Start of MATERIAL PROVIDED

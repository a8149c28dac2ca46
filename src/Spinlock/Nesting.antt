-- ===== src/Spinlock/Nesting.antt =====
-- pushcli and popcli: the nesting.
use operating_system_assignm.Prelude.{
  ◌+◌, ◌-◌, ◌≡◌, ◌≢◌, refl, sym, arith, Bool, true, false, Option, none, some, ◌==◌, ◌&&◌, ap, ◌∙◌,
  inl, inr, Option-cases, List, [], ◌∷◌, ◌++◌, if◌then◌else◌,
}
use operating_system_assignm.Spinlock.{Cpu, pushcli, popcli}

-- Inside a pushcli the interrupts are off.
abbrev pub IsOff : Cpu → Type 0
IsOff c = c.ncli ≢ 0 → c.interrupts ≡ false

-- The same depth, and the interrupts to be as they were once it is left.
pub record Same (c c' : Cpu) : Type 0 where
  pub depth : c'.ncli ≡ c.ncli
  pub flag : c'.interrupts ≡ c.interrupts
  pub saved : c.ncli ≢ 0 → c'.intena ≡ c.intena

pub pushcli-IsOff : (c : Cpu) → IsOff (pushcli c)
unfolding pushcli
pushcli-IsOff c inside = refl

pub pushcli_lem :
    (c : Cpu)
    → ((pushcli c).ncli ≡ c.ncli + 1)
      × ((pushcli c).interrupts ≡ false)
      × ((pushcli c).intena ≡ (if c.ncli == 0 then c.interrupts else c.intena))
unfolding pushcli
pushcli_lem c = (refl, refl, refl)

-- A `popcli` at the depth of a `pushcli`.
pub popcli-pushcli :
    (c c' : Cpu) → IsOff c → Same (pushcli c) c' → (c'' : Cpu) × (popcli c' ≡ some c'') × Same c c''
unfolding popcli
popcli-pushcli c c' off same =
    let (depth, dark, kept) = pushcli_lem c in
    let n : c'.ncli ≡ c.ncli + 1 = same.depth ∙ depth in
    let i : c'.interrupts ≡ false = same.flag ∙ dark in
    let k : c'.intena ≡ (if c.ncli == 0 then c.interrupts else c.intena) =
      same.saved (omega arith) ∙ kept in
    (
      record c' { ncli = c'.ncli - 1; interrupts = (c'.ncli - 1 == 0) && c'.intena },
      ground (arith, n, i),
      record {
        depth = omega arith;
        flag = ground (arith, n, k, off);
        saved = λ inside. ground (arith, k, inside);
      },
    )

-- `pushcli` (true) and `popcli` (false), one after the other.
unfoldable pub calls : List Bool → Cpu → Option Cpu
calls [] c = some c
calls (true ∷ rest) c = calls rest (pushcli c)
calls (false ∷ rest) c = elim (popcli c) [ none ↦ none | some c' ↦ calls rest c' ]

calls_pop : (ws : List Bool) (c d : Cpu) → popcli c ≡ some d → calls (false ∷ ws) c ≡ calls ws d
unfolding calls
calls_pop ws c d e = ap (λ o. elim o [ none ↦ none | some x ↦ calls ws x ]) e

calls-append :
    (ws vs : List Bool) (c c' : Cpu) → calls ws c ≡ some c' → calls (ws ++ vs) c ≡ calls vs c'
unfolding calls
calls-append [] vs c c' e = ap (λ o. elim o [ none ↦ none | some x ↦ calls vs x ]) e
calls-append (true ∷ ws) vs c c' e = calls-append ws vs (pushcli c) c' e
calls-append (false ∷ ws) vs c c' e = elim (Option-cases (popcli c)) [
  | inl stop ↦ absurd (ground (arith, stop, e))
  | inr (d, goes) ↦
      calls_pop (ws ++ vs) c d goes ∙ calls-append ws vs d c' (sym (calls_pop ws c d goes) ∙ e)
]

-- Matched calls: each `popcli` undoes a `pushcli`.
pub data IsMatched : List Bool → Type 0 where
  nothing : IsMatched []
  pair : (ws vs : List Bool) → IsMatched ws → IsMatched vs → IsMatched (true ∷ (ws ++ (false ∷ vs)))

-- Where interrupts are off inside of a pushcli: matched calls of pushcli and popcli do not
-- panic, and restore the depth and the interrupt flag, and inside of a pushcli also what its end
-- restores.
pub calls-Same :
    (ws : List Bool) (c : Cpu)
    → IsMatched ws
    → IsOff c
    → (c' : Cpu) × (calls ws c ≡ some c') × Same c c'
unfolding calls
calls-Same _ c nothing off = (c, refl, record { depth = refl; flag = refl; saved = λ inside. refl })
calls-Same _ c (pair ws vs inner after) off =
    let (c1, e1, same1) = calls-Same ws (pushcli c) inner (pushcli-IsOff c) in
    let (c2, e2, same2) = popcli-pushcli c c1 off same1 in
    let (c3, e3, same3) =
      calls-Same vs c2 after (λ n. same2.flag ∙ off (λ z. n (same2.depth ∙ z))) in
    (
      c3,
      calls-append ws (false ∷ vs) (pushcli c) c1 e1 ∙ calls_pop vs c1 c2 e2 ∙ e3,
      record {
        depth = same3.depth ∙ same2.depth;
        flag = same3.flag ∙ same2.flag;
        saved = λ n. same3.saved (λ z. n (sym same2.depth ∙ z)) ∙ same2.saved n;
      },
    )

End of MATERIAL PROVIDED

■ **WHAT THIS TASK INVOLVES**
Would you output every record above exactly as it stands?

■ **ANSWER TO THIS TASK**
repository a8149c28dac2ca46
filename src/Spinlock/Nesting.antt
-- ===== src/Spinlock/Nesting.antt =====
-- pushcli and popcli: the nesting.
use operating_system_assignm.Prelude.{
  ◌+◌, ◌-◌, ◌≡◌, ◌≢◌, refl, sym, arith, Bool, true, false, Option, none, some, ◌==◌, ◌&&◌, ap, ◌∙◌,
  inl, inr, Option-cases, List, [], ◌∷◌, ◌++◌, if◌then◌else◌,
}
use operating_system_assignm.Spinlock.{Cpu, pushcli, popcli}

-- Inside a pushcli the interrupts are off.
abbrev pub IsOff : Cpu → Type 0
IsOff c = c.ncli ≢ 0 → c.interrupts ≡ false

-- The same depth, and the interrupts to be as they were once it is left.
pub record Same (c c' : Cpu) : Type 0 where
  pub depth : c'.ncli ≡ c.ncli
  pub flag : c'.interrupts ≡ c.interrupts
  pub saved : c.ncli ≢ 0 → c'.intena ≡ c.intena

pub pushcli-IsOff : (c : Cpu) → IsOff (pushcli c)
unfolding pushcli
pushcli-IsOff c inside = refl

pub pushcli_lem :
    (c : Cpu)
    → ((pushcli c).ncli ≡ c.ncli + 1)
      × ((pushcli c).interrupts ≡ false)
      × ((pushcli c).intena ≡ (if c.ncli == 0 then c.interrupts else c.intena))
unfolding pushcli
pushcli_lem c = (refl, refl, refl)

-- A `popcli` at the depth of a `pushcli`.
pub popcli-pushcli :
    (c c' : Cpu) → IsOff c → Same (pushcli c) c' → (c'' : Cpu) × (popcli c' ≡ some c'') × Same c c''
unfolding popcli
popcli-pushcli c c' off same =
    let (depth, dark, kept) = pushcli_lem c in
    let n : c'.ncli ≡ c.ncli + 1 = same.depth ∙ depth in
    let i : c'.interrupts ≡ false = same.flag ∙ dark in
    let k : c'.intena ≡ (if c.ncli == 0 then c.interrupts else c.intena) =
      same.saved (omega arith) ∙ kept in
    (
      record c' { ncli = c'.ncli - 1; interrupts = (c'.ncli - 1 == 0) && c'.intena },
      ground (arith, n, i),
      record {
        depth = omega arith;
        flag = ground (arith, n, k, off);
        saved = λ inside. ground (arith, k, inside);
      },
    )

-- `pushcli` (true) and `popcli` (false), one after the other.
unfoldable pub calls : List Bool → Cpu → Option Cpu
calls [] c = some c
calls (true ∷ rest) c = calls rest (pushcli c)
calls (false ∷ rest) c = elim (popcli c) [ none ↦ none | some c' ↦ calls rest c' ]

calls_pop : (ws : List Bool) (c d : Cpu) → popcli c ≡ some d → calls (false ∷ ws) c ≡ calls ws d
unfolding calls
calls_pop ws c d e = ap (λ o. elim o [ none ↦ none | some x ↦ calls ws x ]) e

calls-append :
    (ws vs : List Bool) (c c' : Cpu) → calls ws c ≡ some c' → calls (ws ++ vs) c ≡ calls vs c'
unfolding calls
calls-append [] vs c c' e = ap (λ o. elim o [ none ↦ none | some x ↦ calls vs x ]) e
calls-append (true ∷ ws) vs c c' e = calls-append ws vs (pushcli c) c' e
calls-append (false ∷ ws) vs c c' e = elim (Option-cases (popcli c)) [
  | inl stop ↦ absurd (ground (arith, stop, e))
  | inr (d, goes) ↦
      calls_pop (ws ++ vs) c d goes ∙ calls-append ws vs d c' (sym (calls_pop ws c d goes) ∙ e)
]

-- Matched calls: each `popcli` undoes a `pushcli`.
pub data IsMatched : List Bool → Type 0 where
  nothing : IsMatched []
  pair : (ws vs : List Bool) → IsMatched ws → IsMatched vs → IsMatched (true ∷ (ws ++ (false ∷ vs)))

-- Where interrupts are off inside of a pushcli: matched calls of pushcli and popcli do not
-- panic, and restore the depth and the interrupt flag, and inside of a pushcli also what its end
-- restores.
pub calls-Same :
    (ws : List Bool) (c : Cpu)
    → IsMatched ws
    → IsOff c
    → (c' : Cpu) × (calls ws c ≡ some c') × Same c c'
unfolding calls
calls-Same _ c nothing off = (c, refl, record { depth = refl; flag = refl; saved = λ inside. refl })
calls-Same _ c (pair ws vs inner after) off =
    let (c1, e1, same1) = calls-Same ws (pushcli c) inner (pushcli-IsOff c) in
    let (c2, e2, same2) = popcli-pushcli c c1 off same1 in
    let (c3, e3, same3) =
      calls-Same vs c2 after (λ n. same2.flag ∙ off (λ z. n (same2.depth ∙ z))) in
    (
      c3,
      calls-append ws (false ∷ vs) (pushcli c) c1 e1 ∙ calls_pop vs c1 c2 e2 ∙ e3,
      record {
        depth = same3.depth ∙ same2.depth;
        flag = same3.flag ∙ same2.flag;
        saved = λ n. same3.saved (λ z. n (sym same2.depth ∙ z)) ∙ same2.saved n;
      },
    )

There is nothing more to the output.